**EXERCISE AIM**
Both the line below containing "repository e53118a3da328ba1" and the line containing "use tsrkit_pvm.Cpvm.Program as Cy", along with every line between them, should be repeated exactly; no other line belongs in the answer.

**PROVIDED MATERIAL**

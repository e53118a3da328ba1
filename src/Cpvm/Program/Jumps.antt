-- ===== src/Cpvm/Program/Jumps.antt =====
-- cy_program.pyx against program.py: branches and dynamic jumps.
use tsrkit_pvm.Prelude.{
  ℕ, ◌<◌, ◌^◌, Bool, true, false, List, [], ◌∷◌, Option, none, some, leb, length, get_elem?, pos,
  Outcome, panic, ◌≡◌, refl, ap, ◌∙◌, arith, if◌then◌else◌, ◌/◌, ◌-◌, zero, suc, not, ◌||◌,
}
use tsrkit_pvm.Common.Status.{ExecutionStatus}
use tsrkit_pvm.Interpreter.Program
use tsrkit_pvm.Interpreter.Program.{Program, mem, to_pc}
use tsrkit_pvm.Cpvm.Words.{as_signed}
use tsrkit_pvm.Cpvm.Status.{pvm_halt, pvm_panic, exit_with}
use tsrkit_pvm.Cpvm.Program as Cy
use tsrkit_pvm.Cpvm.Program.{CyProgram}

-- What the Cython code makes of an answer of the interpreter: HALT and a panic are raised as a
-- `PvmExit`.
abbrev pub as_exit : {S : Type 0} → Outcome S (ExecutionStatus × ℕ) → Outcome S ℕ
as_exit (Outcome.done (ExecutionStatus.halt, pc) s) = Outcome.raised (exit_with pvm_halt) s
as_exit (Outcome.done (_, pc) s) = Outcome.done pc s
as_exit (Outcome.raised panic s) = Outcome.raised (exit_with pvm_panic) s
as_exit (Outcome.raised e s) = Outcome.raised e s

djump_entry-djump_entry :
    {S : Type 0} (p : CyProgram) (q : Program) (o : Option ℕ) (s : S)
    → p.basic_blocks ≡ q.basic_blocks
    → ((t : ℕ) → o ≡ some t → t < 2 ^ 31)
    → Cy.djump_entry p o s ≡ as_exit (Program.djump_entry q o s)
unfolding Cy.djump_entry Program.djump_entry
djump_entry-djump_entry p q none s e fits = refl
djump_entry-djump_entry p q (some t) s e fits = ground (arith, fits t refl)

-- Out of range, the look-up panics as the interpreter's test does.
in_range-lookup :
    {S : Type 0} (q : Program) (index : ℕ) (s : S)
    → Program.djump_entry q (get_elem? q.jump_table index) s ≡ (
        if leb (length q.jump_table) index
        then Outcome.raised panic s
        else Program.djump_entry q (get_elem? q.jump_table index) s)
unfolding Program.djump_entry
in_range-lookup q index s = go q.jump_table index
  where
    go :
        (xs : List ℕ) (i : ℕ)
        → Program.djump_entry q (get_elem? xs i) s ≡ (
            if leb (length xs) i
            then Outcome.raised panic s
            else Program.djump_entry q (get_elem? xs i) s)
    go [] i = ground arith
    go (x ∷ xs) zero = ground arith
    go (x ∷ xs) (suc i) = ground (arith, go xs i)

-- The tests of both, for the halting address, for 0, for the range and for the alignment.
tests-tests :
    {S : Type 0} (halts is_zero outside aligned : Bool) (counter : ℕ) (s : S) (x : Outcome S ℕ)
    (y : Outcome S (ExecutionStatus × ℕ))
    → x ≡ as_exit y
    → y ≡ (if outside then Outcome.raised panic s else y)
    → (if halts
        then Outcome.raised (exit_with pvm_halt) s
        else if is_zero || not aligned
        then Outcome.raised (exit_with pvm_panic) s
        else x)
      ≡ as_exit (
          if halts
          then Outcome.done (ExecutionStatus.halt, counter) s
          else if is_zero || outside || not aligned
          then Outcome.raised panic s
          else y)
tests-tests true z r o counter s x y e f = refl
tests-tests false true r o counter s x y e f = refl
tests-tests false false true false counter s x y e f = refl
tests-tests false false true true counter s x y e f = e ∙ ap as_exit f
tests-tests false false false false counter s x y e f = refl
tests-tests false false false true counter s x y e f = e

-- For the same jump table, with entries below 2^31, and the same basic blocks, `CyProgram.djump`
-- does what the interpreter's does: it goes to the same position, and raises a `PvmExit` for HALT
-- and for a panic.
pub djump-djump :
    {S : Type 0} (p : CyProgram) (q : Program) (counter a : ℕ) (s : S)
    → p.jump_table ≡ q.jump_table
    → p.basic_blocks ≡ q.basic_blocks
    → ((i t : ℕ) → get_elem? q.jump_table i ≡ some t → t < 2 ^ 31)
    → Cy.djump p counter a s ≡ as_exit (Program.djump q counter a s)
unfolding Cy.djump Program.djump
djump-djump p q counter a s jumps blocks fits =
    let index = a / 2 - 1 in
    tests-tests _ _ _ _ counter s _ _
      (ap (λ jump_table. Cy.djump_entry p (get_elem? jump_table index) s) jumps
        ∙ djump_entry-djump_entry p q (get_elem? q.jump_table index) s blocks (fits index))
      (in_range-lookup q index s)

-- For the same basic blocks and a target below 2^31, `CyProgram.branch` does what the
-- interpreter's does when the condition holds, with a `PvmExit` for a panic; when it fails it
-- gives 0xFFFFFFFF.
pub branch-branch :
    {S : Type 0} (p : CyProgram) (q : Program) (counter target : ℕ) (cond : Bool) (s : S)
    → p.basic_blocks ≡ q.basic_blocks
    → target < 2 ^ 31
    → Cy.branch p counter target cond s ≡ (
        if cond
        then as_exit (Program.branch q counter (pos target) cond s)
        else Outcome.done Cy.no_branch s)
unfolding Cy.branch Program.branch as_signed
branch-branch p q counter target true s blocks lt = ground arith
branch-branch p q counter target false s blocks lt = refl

--

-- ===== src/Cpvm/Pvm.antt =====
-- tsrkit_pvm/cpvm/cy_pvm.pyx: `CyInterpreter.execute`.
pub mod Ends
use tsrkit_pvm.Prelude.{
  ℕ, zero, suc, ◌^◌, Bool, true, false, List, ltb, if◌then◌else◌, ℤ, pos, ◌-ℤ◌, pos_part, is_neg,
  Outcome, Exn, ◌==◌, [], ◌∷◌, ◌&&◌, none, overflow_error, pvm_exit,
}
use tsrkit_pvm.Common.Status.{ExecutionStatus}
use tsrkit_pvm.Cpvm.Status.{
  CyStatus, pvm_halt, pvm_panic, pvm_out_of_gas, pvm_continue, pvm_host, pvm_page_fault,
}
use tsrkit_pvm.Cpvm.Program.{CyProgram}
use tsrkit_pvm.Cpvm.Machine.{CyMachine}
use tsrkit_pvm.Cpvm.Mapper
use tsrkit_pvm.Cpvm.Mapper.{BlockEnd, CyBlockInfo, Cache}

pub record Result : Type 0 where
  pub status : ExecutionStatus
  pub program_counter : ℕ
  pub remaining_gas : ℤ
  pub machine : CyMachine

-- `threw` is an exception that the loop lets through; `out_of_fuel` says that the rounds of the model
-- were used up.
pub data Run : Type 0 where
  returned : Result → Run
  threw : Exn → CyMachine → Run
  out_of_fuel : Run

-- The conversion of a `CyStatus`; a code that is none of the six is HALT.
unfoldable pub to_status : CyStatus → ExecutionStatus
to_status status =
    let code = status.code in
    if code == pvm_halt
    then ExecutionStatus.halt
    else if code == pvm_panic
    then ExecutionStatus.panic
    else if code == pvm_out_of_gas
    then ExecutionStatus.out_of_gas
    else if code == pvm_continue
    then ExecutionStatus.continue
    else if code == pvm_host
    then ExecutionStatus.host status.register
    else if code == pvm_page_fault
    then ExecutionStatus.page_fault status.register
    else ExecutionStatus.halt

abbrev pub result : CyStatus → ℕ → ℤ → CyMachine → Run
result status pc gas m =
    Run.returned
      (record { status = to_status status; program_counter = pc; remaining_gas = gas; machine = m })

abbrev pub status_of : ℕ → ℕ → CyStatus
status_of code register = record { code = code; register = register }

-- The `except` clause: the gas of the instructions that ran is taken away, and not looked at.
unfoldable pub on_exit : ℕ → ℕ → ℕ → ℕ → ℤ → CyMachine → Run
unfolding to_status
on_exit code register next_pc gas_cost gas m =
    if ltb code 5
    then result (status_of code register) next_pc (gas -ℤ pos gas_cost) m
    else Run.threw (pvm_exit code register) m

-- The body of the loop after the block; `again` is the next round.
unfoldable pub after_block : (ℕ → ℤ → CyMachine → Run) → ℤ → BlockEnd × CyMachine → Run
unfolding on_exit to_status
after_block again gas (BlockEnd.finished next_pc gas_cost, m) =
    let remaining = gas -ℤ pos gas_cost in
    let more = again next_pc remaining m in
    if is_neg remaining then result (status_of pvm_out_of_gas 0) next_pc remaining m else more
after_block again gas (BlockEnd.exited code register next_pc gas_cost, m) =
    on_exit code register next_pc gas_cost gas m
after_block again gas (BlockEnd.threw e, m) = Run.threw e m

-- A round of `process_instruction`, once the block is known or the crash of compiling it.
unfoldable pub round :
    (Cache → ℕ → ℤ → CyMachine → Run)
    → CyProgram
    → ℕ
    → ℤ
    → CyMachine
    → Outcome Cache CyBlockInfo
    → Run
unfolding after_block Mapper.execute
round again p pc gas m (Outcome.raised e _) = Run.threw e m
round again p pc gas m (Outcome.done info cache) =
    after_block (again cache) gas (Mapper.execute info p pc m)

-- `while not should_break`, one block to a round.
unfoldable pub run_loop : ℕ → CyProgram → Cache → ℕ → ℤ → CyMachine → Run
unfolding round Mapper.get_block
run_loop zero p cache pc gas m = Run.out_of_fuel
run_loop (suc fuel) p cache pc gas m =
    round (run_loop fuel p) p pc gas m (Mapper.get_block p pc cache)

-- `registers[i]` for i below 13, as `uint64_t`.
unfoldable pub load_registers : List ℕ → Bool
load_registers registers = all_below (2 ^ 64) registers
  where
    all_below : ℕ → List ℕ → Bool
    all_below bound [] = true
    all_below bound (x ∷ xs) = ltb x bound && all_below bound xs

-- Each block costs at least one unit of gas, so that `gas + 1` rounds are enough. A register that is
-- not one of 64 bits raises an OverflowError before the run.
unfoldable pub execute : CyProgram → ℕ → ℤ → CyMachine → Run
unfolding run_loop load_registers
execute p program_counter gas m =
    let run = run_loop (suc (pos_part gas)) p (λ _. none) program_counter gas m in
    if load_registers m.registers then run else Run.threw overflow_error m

**EXERCISE RESPONSE**
repository e53118a3da328ba1
filename src/Cpvm/Program/Jumps.antt
-- ===== src/Cpvm/Program/Jumps.antt =====
-- cy_program.pyx against program.py: branches and dynamic jumps.
use tsrkit_pvm.Prelude.{
  ℕ, ◌<◌, ◌^◌, Bool, true, false, List, [], ◌∷◌, Option, none, some, leb, length, get_elem?, pos,
  Outcome, panic, ◌≡◌, refl, ap, ◌∙◌, arith, if◌then◌else◌, ◌/◌, ◌-◌, zero, suc, not, ◌||◌,
}
use tsrkit_pvm.Common.Status.{ExecutionStatus}
use tsrkit_pvm.Interpreter.Program
use tsrkit_pvm.Interpreter.Program.{Program, mem, to_pc}
use tsrkit_pvm.Cpvm.Words.{as_signed}
use tsrkit_pvm.Cpvm.Status.{pvm_halt, pvm_panic, exit_with}
use tsrkit_pvm.Cpvm.Program as Cy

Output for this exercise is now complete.